# Robin Hood: Neuer Kinofilm in den USA ein großer Flop



## AndreLinken (27. November 2018)

Jetzt ist Deine Meinung zu *Robin Hood: Neuer Kinofilm in den USA ein großer Flop* gefragt.


						Bitte beachtet: Der Kommentarbereich wird gemäß der Forenregeln moderiert.

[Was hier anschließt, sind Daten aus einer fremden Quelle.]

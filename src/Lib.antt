-- ===== src/Lib.antt =====
-- plug_node connects n8n to a Plug server: n8n nodes send JSON-RPC commands to agents over REST or
-- socket.io, pull result streams in windows, and start workflows on socket events. These modules
-- model its core logic and prove what makes it correct.
--
-- The parts, and where they are in the repository:
--   * Frame: every message on the socket is a frame (shared/socket/payloadFrameCodec.ts,
--     shared/contracts/payload-frame.ts). Frame/Types has the frame, the options and the errors;
--     Frame/Shape `assertValidFrameShape` and `payloadToBuffer`; Frame/Signing `signFrame`,
--     `resolveVerificationKeys` and `verifyFrameSignature`; Frame/Codec the encoding and decoding.
--     An `await` of zlib's asynchronous entry is the same as the synchronous one, so that the two
--     variants of each function are one definition here.
--   * Retry: the executor sends a built command, over a transport that is an argument, and tries
--     again (shared/n8n/plugTransientRetry.ts, plugTransportExecutor.ts, plugCommandIdRotation.ts).
--     Retry/Policy has the decision and the delay, Retry/Executor the loop and the rotation of ids.
--   * Stream: a result stream is pulled in windows. Stream/Credits is the count of the chunks
--     (shared/socket/streamAggregationState.ts, streamPullPrefetch.ts), Stream/Window the size of
--     the next window (streamPullWindowPolicy.ts, and a function of relaySessionNormalization.ts),
--     Stream/Pulls the pulls that wait for an answer (streamPullSession.ts), over all the sessions of
--     a transport, Stream/Answers the checks of the hub's payloads (relaySessionNormalization.ts),
--     Stream/Buffers the limits and the merging of rows (streamCommandSessionCommon.ts).
--   * Decoding: the chunks of a stream are decoded in parallel and applied in order
--     (shared/socket/parallelChunkDecode.ts). Decoding/Types has the state, Decoding the operations,
--     Decoding/Lazy the queue that is made when it is first used.
--   * Trigger: events from the socket wait in a bounded queue before the workflow runs
--     (packages/n8n-nodes-plug-database/nodes/PlugDatabaseSocketEventTrigger/
--     triggerBackpressureQueue.ts), modelled in Trigger/Backpressure, and Trigger/Reconnect is the
--     manager that connects the session again (triggerReconnectManager.ts beside it). A handler, or
--     one part of a promise chain, is one step. The manager's model starts with the trigger's one call
--     of connectWithRetry; further calls come from the manager's own timer.
--   * Mcp: agents call capabilities, which are SQL or tools (shared/mcp and
--     shared/n8n/mcpServerExecution.ts). Mcp/Params is paramValidator.ts, Mcp/Governance governance.ts,
--     Mcp/Tokens and Mcp/Registry forbiddenCapabilities.ts and registry.ts, Mcp/Server the way of a
--     call up to the execution of its capability.
--   * Items: how many input items of an SQL node run at once
--     (shared/n8n/plugInputItemParallelism.ts).
--   * Identity: a response is taken only for the commands that were sent
--     (shared/contracts/rpcIdentity.ts).
--   * Values: JSON and numbers of unknown shape, as `isRecord` and `typeof` test them. Base: lists,
--     Boolean tests and the names that all the modules share.
--
-- State is passed explicitly: an operation takes the state and answers the new one, with the calls
-- to the outside as a list of effects. A thrown error is a value of a result type. The clock, the
-- random ids and the draws of Math.random() are arguments. Sizes and counts are natural numbers; a subtraction that
-- the source guards by `Math.max(0, …)` is the one that stops at 0.
--
-- Bounds: the loop over the attempts has three rounds, as in the source, and the error behind the
-- loop is an ending of its own. The queue's `drain` recurs on the list of the waiting tasks. No other
-- definition needs fuel.
--
-- Node.js' crypto, zlib, Buffer and JSON are a record of functions; the round trip of the codec
-- takes their documented laws as a hypothesis, which the tests meet with small functions.
--
-- Not modelled: the socket.io transport and most of the sessions over it, the REST clients, the login,
-- what a capability's execution does, the node descriptions, and the tools that call libraries for
-- documents.
pub mod Base
pub mod Values
pub mod Trigger
pub mod Retry
pub mod Stream
pub mod Frame
pub mod Identity
pub mod Decoding
pub mod Mcp
pub mod Items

			Dieser Inhalt steht nur eingeloggten Mitgliedern zur Verfügung.
        

 Zum Artikel: *Robin Hood: Neuer Kinofilm in den USA ein großer Flop*


----------



## golani79 (27. November 2018)

Wundert mich jetzt nicht wirklich, nachdem was ich von den Trailern bisher so gesehen habe.
Wird definitv nicht geschaut!


----------



## Rabowke (27. November 2018)

golani79 schrieb:


> [...]Wird definitv *nicht im Kino* geschaut!


./fixed

Ich mag den Darsteller, jedenfalls in Kingsman war das schon gute Unterhaltung. Aber ich gebe dir Recht, die Trailer und pseudo-coole Slow-Mo Effekte sind jetzt eher so meh!


----------



## Headbanger79 (27. November 2018)

Wieso überrascht mich das nach dem Trailer nicht


----------



## golani79 (27. November 2018)

golani79 schrieb:


> [...]Wird *definitv nicht* geschaut!





Rabowke schrieb:


> ./fixed[...]



So, jetzt stimmts wieder 

Schau ich mir nicht einmal auf BluRay an .. danke, aber was zu viel ist, ist zu viel.


----------



## AlBundyFan (27. November 2018)

was mich am trailer irritiert - die ganzen kulissen deuten darauf hin, daß der film im mittelalter spielt (kutschen, holzbauweise, waffen...) aber in vielen szenen sieht die kleidung aus, als stamme sie aus dem jahr 2018. einiges würde man sogar im supermarkt kaufen können.
das passt doch einfach nicht zusammen.


----------



## Spiritogre (27. November 2018)

AlBundyFan schrieb:


> was mich am trailer irritiert - die ganzen kulissen deuten darauf hin, daß der film im mittelalter spielt (kutschen, holzbauweise, waffen...) aber in vielen szenen sieht die kleidung aus, als stamme sie aus dem jahr 2018. einiges würde man sogar im supermarkt kaufen können.
> das passt doch einfach nicht zusammen.



Ach, das haben sie schon 2001 bei Ritter aus Leidenschaft mit Heath Ledger gemacht. Es soll halt weniger historisch akkurat als moderne Popkultur sein.


----------



## Odin333 (27. November 2018)

Die sollten die neue Verfilmung ganz schnell verschwinden lassen und stattdessen Mel Brooks Robin Hood als Tarnung in die Kinos bringen...
Dann kann der Flop noch zum Erfolg werden.


----------



## Rabowke (27. November 2018)

Ich mach mich jetzt echt mal unbeliebt, aber ich bin mittlerweile zu "alt" für den Humor von Mel Brooks. 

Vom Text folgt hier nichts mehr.